## [Source material]
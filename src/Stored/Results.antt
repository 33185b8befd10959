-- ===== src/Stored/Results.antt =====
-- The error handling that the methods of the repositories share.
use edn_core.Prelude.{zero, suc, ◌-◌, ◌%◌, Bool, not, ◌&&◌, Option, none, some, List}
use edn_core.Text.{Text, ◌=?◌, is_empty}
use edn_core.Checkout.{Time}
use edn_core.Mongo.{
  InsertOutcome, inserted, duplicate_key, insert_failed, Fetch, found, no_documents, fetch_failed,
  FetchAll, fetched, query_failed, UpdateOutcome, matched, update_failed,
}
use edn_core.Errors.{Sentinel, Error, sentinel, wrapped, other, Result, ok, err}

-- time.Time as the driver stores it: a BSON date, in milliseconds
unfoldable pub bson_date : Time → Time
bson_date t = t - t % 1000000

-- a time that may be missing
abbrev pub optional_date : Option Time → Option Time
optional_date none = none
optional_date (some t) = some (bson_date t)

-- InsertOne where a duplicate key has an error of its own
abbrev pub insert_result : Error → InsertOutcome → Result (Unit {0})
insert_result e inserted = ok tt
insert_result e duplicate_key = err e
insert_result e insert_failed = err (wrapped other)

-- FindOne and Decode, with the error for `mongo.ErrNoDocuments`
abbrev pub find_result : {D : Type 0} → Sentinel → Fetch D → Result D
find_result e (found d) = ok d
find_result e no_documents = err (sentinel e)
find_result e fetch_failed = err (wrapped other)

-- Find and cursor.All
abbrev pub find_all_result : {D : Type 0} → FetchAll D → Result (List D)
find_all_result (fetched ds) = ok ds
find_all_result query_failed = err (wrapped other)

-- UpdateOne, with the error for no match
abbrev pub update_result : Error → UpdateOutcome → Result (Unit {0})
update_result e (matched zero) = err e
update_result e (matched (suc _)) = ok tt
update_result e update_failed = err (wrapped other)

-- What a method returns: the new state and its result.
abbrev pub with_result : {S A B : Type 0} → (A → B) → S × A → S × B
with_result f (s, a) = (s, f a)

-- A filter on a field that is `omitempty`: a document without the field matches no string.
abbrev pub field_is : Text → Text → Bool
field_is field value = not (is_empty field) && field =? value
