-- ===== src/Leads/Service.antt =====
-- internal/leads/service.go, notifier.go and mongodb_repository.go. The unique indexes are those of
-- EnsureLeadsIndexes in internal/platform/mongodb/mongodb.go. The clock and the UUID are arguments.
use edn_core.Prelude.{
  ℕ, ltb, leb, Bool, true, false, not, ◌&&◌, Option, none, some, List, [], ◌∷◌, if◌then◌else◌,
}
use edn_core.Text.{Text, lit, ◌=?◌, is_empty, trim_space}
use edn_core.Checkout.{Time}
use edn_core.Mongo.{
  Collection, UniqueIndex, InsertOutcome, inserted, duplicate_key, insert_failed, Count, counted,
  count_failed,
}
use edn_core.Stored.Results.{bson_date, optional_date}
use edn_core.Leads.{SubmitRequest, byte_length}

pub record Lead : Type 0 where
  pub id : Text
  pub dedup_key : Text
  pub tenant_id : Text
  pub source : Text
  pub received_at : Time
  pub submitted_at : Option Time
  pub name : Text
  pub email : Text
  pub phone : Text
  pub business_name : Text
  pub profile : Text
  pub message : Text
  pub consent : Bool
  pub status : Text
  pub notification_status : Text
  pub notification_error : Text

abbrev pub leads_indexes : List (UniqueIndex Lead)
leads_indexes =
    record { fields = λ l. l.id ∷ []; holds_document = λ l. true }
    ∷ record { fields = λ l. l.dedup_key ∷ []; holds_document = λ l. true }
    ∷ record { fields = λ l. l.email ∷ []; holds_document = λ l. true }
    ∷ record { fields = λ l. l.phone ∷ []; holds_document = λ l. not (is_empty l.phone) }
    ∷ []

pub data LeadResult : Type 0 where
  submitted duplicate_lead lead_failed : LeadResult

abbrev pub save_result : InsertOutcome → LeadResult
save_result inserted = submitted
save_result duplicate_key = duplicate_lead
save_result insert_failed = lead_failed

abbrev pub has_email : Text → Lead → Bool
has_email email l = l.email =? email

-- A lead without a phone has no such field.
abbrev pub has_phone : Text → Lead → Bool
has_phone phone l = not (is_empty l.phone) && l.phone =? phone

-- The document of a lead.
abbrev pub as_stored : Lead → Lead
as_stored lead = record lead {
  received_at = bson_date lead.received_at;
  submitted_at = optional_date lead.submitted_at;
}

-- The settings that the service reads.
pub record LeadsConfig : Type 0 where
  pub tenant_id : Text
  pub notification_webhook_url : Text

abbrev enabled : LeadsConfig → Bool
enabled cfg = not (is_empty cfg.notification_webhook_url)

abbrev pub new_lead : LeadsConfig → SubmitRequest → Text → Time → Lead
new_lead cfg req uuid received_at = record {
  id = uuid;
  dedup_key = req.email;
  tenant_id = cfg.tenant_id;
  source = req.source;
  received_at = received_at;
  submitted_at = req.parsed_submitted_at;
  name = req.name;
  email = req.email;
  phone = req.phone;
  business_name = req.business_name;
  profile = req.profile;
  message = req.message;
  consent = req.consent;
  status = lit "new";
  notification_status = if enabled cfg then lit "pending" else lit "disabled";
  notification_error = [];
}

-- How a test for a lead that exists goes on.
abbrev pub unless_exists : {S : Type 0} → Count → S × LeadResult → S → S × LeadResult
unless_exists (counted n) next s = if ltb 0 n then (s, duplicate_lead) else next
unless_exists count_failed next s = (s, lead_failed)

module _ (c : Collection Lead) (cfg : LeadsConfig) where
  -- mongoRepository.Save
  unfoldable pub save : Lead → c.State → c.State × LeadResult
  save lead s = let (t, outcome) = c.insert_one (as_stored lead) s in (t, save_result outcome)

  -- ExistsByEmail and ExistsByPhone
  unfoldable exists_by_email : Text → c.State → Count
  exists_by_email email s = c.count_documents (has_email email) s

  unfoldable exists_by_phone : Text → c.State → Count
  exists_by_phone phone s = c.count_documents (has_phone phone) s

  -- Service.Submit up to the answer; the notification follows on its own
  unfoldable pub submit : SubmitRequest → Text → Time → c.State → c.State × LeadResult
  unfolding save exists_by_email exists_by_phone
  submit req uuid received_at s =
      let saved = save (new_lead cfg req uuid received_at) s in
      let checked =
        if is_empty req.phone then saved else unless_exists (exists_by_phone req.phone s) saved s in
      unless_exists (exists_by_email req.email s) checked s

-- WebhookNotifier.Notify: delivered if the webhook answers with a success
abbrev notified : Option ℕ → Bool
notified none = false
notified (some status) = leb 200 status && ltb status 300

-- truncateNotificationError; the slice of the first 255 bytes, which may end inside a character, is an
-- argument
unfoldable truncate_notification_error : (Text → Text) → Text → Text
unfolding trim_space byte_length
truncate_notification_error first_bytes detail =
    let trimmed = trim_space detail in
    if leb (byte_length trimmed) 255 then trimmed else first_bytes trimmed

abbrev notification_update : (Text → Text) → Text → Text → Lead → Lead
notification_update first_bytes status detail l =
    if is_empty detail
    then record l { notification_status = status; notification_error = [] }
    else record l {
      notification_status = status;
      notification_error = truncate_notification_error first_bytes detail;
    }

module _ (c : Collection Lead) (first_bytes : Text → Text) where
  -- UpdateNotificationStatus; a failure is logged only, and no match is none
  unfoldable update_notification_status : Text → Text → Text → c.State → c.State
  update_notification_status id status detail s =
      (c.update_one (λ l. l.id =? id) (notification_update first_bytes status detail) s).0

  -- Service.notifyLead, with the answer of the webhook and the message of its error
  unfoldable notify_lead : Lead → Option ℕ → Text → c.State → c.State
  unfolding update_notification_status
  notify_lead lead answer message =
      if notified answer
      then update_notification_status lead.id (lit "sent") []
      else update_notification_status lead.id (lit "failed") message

## [To do]
From the data above, gather every line that includes the word "internal".

## [Exercise result]
-- internal/leads/service.go, notifier.go and mongodb_repository.go. The unique indexes are those of
-- EnsureLeadsIndexes in internal/platform/mongodb/mongodb.go. The clock and the UUID are arguments.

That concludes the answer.